■ Input data ■
┄┄┄┄┄┄
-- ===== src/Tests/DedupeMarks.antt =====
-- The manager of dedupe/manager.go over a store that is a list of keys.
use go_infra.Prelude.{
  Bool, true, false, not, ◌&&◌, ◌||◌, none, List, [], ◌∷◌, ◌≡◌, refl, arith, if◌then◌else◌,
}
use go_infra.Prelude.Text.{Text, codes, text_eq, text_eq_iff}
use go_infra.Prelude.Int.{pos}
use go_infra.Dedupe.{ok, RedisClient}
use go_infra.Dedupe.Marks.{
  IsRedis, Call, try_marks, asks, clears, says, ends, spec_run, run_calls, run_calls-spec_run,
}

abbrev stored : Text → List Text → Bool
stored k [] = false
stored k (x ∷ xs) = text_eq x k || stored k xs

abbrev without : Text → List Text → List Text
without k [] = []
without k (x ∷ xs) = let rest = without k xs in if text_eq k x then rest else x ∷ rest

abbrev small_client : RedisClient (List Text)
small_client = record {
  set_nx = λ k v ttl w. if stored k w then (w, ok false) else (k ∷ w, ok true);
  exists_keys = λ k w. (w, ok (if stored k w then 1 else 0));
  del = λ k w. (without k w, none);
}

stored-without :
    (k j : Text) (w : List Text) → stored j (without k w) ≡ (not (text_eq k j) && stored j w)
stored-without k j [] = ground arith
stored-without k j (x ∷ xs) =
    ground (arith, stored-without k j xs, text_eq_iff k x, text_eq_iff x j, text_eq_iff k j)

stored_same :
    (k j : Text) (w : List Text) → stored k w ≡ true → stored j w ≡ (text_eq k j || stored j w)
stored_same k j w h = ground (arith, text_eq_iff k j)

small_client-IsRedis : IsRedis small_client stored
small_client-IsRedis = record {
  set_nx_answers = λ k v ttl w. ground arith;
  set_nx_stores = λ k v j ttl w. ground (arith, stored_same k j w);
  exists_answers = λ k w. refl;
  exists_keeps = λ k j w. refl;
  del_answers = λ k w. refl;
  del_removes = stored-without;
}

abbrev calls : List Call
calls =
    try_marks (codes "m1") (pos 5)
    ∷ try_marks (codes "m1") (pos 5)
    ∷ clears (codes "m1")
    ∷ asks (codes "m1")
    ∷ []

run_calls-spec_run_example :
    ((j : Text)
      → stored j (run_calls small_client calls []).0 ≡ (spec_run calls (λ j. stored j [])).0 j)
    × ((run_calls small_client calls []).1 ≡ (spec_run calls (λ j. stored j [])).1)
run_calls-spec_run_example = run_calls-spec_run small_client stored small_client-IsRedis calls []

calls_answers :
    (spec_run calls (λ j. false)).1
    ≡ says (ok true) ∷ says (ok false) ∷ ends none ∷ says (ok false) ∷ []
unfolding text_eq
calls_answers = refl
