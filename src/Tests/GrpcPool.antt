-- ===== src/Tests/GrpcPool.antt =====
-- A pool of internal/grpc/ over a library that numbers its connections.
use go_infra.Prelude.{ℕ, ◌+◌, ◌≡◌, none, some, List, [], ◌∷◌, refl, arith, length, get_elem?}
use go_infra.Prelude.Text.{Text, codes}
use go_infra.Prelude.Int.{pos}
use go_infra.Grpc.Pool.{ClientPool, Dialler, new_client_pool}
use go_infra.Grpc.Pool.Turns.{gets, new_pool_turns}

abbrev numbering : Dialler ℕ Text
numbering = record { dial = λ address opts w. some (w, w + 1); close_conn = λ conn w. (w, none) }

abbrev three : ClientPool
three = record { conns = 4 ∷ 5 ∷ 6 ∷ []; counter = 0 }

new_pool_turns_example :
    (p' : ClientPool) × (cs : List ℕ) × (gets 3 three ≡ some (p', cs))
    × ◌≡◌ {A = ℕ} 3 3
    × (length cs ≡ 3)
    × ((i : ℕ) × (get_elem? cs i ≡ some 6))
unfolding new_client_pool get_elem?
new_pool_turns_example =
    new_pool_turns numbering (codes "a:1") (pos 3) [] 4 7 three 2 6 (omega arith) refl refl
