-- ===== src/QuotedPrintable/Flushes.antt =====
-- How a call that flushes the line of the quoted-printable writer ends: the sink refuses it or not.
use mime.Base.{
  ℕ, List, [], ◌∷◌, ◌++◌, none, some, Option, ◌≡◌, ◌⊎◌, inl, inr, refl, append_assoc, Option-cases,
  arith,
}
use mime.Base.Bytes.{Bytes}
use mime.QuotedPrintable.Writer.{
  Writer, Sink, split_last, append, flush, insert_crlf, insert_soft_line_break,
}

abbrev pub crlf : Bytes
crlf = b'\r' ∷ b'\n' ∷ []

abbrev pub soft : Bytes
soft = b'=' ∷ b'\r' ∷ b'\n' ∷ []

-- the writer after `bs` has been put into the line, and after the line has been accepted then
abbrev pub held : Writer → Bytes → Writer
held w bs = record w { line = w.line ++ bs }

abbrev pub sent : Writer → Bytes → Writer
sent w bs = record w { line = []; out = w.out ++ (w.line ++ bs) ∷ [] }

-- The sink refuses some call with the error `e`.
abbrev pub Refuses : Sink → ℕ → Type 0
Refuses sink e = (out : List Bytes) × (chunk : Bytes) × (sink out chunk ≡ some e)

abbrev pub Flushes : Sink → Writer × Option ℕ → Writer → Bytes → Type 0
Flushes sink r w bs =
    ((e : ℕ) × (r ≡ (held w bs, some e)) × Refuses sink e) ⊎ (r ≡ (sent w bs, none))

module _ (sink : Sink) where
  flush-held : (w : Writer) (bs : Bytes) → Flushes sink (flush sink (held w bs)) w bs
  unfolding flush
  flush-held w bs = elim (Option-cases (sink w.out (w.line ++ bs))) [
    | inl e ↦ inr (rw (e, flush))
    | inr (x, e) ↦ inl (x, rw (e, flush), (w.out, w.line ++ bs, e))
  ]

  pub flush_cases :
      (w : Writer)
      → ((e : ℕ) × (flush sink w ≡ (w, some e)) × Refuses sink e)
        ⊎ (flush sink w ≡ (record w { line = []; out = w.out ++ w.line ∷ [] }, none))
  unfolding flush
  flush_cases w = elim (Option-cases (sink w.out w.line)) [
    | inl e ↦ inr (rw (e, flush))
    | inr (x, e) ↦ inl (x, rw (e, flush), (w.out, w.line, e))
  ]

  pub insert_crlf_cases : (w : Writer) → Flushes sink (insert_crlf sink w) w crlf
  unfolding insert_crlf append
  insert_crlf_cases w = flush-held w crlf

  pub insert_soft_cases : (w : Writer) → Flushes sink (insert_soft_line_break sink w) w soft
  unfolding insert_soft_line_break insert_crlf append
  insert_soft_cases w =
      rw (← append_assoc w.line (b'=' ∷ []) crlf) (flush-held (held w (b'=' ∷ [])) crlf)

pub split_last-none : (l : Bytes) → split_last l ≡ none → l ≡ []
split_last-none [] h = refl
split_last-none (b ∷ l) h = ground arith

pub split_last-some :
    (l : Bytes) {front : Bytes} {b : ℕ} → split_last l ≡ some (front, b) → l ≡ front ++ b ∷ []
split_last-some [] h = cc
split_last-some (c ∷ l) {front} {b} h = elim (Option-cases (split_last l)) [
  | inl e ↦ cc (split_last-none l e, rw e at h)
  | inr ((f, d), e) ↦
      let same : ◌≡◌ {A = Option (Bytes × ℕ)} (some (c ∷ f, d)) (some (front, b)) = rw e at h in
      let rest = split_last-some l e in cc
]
┄┄┄┄┄┄
■ Activity ■
Return every line from the material that contains the word "true".

■ Output ■
  Bool, true, false, not, ◌&&◌, ◌||◌, none, List, [], ◌∷◌, ◌≡◌, refl, arith, if◌then◌else◌,
  set_nx = λ k v ttl w. if stored k w then (w, ok false) else (k ∷ w, ok true);
    (k j : Text) (w : List Text) → stored k w ≡ true → stored j w ≡ (text_eq k j || stored j w)
    ≡ says (ok true) ∷ says (ok false) ∷ ends none ∷ says (ok false) ∷ []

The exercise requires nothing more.